The lines to copy are those holding the string "atomic" in the entries below.

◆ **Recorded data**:
★ ★ ★ ★ ★ ★ ★

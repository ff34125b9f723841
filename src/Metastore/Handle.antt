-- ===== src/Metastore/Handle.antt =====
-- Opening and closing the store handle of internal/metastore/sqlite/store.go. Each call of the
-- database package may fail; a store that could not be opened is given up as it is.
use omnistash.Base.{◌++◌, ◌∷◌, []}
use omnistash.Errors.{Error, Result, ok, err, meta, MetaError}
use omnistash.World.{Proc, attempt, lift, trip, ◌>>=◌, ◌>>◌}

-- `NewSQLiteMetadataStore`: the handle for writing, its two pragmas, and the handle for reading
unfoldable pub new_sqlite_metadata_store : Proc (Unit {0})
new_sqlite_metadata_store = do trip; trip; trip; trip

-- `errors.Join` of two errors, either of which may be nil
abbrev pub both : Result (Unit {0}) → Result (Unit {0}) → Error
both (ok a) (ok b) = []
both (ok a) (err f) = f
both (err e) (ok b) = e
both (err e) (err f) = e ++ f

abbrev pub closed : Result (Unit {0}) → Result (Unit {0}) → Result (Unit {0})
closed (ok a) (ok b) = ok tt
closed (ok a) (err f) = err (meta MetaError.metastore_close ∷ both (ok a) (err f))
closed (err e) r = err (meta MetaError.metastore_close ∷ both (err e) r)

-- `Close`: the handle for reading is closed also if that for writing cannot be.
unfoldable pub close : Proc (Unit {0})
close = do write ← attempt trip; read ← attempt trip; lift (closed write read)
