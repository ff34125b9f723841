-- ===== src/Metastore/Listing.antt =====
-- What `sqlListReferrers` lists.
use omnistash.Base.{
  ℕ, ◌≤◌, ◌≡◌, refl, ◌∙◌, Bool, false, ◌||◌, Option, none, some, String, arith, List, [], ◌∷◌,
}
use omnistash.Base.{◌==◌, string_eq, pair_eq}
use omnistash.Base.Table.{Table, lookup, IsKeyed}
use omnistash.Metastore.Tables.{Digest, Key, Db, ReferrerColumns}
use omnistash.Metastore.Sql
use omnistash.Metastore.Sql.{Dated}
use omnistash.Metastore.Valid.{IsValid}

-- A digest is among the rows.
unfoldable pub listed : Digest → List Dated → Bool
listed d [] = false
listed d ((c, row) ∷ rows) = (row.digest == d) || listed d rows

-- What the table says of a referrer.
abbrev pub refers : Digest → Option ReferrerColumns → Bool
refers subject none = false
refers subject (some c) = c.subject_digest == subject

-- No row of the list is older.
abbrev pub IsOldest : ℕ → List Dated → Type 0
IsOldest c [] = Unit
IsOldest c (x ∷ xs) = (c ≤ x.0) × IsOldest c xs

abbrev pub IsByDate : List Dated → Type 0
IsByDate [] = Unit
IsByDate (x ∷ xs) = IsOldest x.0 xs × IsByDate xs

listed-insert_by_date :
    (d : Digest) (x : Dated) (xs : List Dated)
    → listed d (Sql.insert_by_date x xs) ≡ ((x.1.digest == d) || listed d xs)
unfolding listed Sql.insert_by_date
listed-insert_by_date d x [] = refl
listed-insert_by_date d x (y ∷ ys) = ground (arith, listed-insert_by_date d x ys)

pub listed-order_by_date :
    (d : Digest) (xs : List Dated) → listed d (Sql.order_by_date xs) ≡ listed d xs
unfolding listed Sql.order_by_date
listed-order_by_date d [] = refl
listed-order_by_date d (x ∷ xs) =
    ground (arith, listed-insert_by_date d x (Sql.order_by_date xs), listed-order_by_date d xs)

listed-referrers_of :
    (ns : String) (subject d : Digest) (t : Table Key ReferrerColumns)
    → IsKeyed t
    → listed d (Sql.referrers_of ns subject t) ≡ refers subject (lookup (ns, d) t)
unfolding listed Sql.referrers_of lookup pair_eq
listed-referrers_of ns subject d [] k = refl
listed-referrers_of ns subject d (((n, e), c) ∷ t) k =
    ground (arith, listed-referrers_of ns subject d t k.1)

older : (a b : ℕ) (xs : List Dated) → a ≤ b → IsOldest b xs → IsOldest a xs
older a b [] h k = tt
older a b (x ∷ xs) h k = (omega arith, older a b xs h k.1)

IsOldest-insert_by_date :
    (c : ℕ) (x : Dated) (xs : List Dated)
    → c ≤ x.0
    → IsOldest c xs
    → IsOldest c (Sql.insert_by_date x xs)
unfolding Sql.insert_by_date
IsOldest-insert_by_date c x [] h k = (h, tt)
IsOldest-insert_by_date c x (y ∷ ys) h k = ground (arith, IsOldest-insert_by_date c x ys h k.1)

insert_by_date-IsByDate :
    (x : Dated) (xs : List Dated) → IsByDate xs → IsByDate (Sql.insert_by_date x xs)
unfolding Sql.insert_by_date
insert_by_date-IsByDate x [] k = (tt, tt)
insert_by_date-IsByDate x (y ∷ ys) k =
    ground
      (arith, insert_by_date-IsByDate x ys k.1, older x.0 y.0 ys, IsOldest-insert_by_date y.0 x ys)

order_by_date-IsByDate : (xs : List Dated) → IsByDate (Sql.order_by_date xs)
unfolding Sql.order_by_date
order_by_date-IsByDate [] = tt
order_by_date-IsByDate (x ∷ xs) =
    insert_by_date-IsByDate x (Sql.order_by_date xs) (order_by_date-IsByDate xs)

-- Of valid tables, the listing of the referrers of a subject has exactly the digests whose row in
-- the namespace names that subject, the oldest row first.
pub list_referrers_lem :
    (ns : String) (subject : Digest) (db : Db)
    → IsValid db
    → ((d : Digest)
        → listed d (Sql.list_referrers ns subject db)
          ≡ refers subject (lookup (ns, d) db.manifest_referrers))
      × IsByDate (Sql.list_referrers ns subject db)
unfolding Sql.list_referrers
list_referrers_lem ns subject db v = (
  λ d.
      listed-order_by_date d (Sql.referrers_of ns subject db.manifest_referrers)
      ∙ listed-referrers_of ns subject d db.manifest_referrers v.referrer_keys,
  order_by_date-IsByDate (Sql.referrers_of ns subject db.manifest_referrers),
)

★ ★ ★ ★ ★ ★ ★

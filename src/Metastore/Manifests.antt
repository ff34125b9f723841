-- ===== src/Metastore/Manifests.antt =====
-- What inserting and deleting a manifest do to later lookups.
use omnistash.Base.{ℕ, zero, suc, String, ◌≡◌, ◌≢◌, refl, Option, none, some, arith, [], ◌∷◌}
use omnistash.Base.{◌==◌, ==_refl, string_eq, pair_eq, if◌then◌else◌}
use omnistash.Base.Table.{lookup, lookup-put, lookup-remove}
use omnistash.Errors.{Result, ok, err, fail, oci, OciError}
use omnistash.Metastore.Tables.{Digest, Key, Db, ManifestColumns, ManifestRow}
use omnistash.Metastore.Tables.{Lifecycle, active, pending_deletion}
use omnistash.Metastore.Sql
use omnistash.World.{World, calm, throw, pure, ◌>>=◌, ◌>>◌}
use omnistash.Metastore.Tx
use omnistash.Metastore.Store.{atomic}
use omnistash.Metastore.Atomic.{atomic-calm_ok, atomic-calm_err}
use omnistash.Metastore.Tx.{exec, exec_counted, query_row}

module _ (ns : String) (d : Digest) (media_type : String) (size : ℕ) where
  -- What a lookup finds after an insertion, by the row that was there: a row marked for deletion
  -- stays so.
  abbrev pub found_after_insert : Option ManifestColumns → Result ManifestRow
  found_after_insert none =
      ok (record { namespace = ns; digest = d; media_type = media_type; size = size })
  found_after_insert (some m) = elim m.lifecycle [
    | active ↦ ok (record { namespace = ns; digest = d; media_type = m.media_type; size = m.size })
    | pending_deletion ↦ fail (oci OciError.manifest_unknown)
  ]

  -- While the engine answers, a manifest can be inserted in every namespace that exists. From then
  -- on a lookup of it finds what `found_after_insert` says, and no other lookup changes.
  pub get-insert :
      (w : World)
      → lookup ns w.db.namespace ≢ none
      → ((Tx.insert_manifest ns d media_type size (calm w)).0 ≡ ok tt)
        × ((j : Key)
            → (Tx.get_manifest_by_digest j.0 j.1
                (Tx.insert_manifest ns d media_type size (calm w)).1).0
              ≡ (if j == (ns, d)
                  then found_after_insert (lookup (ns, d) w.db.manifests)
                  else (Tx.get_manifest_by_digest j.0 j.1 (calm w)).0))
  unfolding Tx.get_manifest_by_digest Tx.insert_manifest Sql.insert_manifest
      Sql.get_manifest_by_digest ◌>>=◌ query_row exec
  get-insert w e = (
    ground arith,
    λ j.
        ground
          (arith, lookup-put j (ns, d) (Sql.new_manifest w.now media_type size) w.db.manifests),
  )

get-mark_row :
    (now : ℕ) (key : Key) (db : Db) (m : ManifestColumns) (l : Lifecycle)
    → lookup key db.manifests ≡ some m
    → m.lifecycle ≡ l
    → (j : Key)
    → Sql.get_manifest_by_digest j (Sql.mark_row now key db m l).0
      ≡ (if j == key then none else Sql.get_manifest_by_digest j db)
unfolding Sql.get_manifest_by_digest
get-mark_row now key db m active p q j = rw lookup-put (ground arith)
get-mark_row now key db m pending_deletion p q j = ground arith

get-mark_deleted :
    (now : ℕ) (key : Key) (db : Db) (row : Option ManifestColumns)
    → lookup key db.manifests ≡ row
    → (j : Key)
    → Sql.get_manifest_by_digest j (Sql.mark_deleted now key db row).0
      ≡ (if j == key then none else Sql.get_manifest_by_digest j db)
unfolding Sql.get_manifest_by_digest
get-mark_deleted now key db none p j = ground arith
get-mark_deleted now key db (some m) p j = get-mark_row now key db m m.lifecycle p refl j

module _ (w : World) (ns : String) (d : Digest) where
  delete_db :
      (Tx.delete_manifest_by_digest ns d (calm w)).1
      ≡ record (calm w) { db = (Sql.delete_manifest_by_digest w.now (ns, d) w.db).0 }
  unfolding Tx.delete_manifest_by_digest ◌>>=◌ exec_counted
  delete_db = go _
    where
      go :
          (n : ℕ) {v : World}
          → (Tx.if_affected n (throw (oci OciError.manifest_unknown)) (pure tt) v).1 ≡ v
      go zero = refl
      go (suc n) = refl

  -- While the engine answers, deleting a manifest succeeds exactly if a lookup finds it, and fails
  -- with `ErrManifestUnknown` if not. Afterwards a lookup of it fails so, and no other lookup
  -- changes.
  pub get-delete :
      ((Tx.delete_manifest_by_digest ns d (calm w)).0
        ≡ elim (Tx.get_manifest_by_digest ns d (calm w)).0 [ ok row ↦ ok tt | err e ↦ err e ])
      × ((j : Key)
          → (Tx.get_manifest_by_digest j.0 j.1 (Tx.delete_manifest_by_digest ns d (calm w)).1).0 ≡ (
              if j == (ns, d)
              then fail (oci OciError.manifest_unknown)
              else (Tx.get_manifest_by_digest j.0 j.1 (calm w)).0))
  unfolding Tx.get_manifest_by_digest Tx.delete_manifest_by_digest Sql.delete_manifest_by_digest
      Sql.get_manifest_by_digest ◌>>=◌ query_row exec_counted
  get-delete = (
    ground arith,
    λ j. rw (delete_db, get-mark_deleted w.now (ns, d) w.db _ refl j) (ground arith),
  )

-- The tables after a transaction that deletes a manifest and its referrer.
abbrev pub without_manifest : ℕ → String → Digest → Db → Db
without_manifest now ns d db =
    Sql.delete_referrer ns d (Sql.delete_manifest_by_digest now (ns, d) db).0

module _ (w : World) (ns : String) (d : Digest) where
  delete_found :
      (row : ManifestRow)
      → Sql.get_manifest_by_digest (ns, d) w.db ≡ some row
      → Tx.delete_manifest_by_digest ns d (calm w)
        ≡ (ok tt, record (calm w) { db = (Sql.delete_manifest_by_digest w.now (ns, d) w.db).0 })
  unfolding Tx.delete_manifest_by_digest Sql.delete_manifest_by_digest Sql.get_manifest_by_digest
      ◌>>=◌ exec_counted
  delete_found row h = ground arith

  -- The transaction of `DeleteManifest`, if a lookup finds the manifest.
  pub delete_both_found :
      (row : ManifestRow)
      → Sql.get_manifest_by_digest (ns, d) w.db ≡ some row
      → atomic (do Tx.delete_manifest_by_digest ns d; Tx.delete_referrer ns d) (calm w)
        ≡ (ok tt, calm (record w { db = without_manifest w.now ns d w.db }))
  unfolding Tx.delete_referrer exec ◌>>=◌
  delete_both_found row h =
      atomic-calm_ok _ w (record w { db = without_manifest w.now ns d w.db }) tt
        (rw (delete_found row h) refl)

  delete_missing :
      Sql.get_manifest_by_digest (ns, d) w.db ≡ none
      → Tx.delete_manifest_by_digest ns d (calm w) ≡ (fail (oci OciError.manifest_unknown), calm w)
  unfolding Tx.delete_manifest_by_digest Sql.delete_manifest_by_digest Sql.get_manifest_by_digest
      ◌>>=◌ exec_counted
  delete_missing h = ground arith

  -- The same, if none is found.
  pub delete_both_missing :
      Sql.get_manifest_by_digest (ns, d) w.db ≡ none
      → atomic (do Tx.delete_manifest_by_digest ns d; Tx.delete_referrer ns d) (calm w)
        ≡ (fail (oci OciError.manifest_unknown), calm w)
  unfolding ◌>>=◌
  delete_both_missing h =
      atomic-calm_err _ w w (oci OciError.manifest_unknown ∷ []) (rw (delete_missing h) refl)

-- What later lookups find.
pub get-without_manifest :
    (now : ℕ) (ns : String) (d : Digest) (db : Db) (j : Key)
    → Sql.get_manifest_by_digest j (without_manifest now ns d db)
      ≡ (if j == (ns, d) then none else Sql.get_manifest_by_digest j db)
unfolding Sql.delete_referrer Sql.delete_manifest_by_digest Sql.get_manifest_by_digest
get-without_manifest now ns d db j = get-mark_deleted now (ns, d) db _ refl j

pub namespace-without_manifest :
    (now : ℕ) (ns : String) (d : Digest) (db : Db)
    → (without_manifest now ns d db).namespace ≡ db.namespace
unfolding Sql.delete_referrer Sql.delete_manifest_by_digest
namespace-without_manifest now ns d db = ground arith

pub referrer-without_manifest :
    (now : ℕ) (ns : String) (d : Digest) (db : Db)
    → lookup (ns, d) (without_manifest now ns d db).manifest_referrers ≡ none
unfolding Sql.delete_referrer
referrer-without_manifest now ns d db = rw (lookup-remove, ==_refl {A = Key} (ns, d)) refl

★ ★ ★ ★ ★ ★ ★

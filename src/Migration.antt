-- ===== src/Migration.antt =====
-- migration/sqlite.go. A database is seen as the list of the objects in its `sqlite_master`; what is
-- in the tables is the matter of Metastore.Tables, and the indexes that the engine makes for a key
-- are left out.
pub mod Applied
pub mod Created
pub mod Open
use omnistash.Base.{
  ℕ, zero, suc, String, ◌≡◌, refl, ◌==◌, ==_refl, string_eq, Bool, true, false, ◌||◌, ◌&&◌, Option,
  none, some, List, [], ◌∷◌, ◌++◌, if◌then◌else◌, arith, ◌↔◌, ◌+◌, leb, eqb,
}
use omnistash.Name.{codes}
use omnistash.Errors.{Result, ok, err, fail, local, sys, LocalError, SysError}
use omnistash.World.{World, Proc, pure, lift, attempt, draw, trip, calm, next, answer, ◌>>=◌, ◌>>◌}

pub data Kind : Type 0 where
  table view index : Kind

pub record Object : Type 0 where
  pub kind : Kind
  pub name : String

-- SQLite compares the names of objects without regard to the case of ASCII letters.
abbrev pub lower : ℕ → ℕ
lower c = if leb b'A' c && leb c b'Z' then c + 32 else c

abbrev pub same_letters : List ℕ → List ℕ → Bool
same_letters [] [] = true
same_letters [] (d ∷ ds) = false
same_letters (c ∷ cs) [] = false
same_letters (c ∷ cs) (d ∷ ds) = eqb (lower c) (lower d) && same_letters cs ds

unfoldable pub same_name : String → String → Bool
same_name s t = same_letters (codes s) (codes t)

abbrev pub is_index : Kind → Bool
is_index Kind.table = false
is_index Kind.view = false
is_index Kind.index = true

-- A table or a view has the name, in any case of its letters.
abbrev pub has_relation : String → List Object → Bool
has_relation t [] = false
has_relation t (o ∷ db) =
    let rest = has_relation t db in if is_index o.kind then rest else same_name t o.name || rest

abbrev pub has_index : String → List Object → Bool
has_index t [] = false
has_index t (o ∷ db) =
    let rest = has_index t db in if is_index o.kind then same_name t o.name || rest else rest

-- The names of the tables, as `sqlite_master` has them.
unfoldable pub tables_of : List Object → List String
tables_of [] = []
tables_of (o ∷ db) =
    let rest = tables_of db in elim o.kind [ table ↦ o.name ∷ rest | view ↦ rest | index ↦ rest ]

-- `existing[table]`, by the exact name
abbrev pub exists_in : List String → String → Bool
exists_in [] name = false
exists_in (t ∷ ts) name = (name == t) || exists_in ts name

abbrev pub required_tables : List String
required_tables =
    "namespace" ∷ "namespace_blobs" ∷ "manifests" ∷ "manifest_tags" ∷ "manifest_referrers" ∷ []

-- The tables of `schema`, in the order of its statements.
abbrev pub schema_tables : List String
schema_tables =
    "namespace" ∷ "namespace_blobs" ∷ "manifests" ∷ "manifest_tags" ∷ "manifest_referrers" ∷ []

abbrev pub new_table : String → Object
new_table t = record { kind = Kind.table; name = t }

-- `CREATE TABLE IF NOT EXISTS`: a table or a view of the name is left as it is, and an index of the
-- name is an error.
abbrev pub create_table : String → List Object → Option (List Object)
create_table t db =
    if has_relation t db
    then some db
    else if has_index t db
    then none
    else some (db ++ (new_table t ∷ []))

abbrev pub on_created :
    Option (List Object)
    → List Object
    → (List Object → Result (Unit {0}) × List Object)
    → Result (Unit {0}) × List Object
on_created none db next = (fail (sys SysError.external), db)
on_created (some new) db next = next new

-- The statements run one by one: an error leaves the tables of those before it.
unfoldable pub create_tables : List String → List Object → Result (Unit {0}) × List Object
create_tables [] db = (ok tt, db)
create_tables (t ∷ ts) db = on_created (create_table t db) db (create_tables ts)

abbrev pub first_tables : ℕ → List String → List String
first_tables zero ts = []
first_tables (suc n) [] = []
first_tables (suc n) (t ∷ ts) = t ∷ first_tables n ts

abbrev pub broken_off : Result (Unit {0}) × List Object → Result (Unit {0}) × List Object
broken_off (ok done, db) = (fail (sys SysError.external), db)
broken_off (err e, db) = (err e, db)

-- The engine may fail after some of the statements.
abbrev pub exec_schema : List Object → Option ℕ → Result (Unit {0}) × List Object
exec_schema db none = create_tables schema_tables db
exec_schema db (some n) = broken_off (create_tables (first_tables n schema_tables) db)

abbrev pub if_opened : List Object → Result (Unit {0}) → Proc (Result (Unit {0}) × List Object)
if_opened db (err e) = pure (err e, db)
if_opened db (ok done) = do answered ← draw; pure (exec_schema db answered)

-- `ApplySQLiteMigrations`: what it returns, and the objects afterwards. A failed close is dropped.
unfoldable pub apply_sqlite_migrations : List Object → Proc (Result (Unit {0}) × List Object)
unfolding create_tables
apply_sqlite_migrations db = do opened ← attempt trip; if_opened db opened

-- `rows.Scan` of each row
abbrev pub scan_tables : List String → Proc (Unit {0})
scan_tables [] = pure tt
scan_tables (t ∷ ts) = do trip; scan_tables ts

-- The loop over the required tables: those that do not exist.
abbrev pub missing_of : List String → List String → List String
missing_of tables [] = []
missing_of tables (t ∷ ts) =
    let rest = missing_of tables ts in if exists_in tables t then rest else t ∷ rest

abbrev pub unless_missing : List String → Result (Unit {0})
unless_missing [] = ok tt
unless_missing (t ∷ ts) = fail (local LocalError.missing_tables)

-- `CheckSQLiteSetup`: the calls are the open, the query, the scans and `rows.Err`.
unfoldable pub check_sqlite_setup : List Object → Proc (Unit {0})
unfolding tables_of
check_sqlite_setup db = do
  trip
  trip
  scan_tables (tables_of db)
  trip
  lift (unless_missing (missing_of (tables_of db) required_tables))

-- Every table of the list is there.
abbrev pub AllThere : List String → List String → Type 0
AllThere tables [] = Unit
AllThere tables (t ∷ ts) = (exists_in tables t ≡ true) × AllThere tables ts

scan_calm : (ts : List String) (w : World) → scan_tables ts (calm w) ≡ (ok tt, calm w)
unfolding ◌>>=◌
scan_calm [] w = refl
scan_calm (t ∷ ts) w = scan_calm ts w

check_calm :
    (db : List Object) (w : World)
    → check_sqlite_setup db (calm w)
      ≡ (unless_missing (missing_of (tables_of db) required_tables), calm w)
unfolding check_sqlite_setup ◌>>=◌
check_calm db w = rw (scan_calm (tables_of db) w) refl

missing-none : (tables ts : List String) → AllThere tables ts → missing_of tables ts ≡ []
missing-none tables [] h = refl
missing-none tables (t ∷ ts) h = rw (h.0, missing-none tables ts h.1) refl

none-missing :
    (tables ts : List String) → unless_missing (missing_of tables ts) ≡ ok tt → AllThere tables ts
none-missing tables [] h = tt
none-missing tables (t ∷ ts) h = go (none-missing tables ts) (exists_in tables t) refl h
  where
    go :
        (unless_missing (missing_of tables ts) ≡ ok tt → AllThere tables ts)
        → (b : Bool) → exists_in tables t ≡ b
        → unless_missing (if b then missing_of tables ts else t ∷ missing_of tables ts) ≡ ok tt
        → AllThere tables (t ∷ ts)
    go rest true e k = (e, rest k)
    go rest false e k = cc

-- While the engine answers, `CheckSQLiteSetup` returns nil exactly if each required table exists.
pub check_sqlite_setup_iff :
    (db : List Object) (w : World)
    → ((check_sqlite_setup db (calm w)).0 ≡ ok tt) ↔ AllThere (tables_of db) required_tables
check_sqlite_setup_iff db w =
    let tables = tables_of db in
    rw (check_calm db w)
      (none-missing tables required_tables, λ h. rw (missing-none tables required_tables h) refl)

★ ★ ★ ★ ★ ★ ★

◆ **SOLUTION BELOW**:
use omnistash.Metastore.Store.{atomic}
use omnistash.Metastore.Atomic.{atomic-calm_ok, atomic-calm_err}
      → atomic (do Tx.delete_manifest_by_digest ns d; Tx.delete_referrer ns d) (calm w)
      atomic-calm_ok _ w (record w { db = without_manifest w.now ns d w.db }) tt
      → atomic (do Tx.delete_manifest_by_digest ns d; Tx.delete_referrer ns d) (calm w)
      atomic-calm_err _ w w (oci OciError.manifest_unknown ∷ []) (rw (delete_missing h) refl)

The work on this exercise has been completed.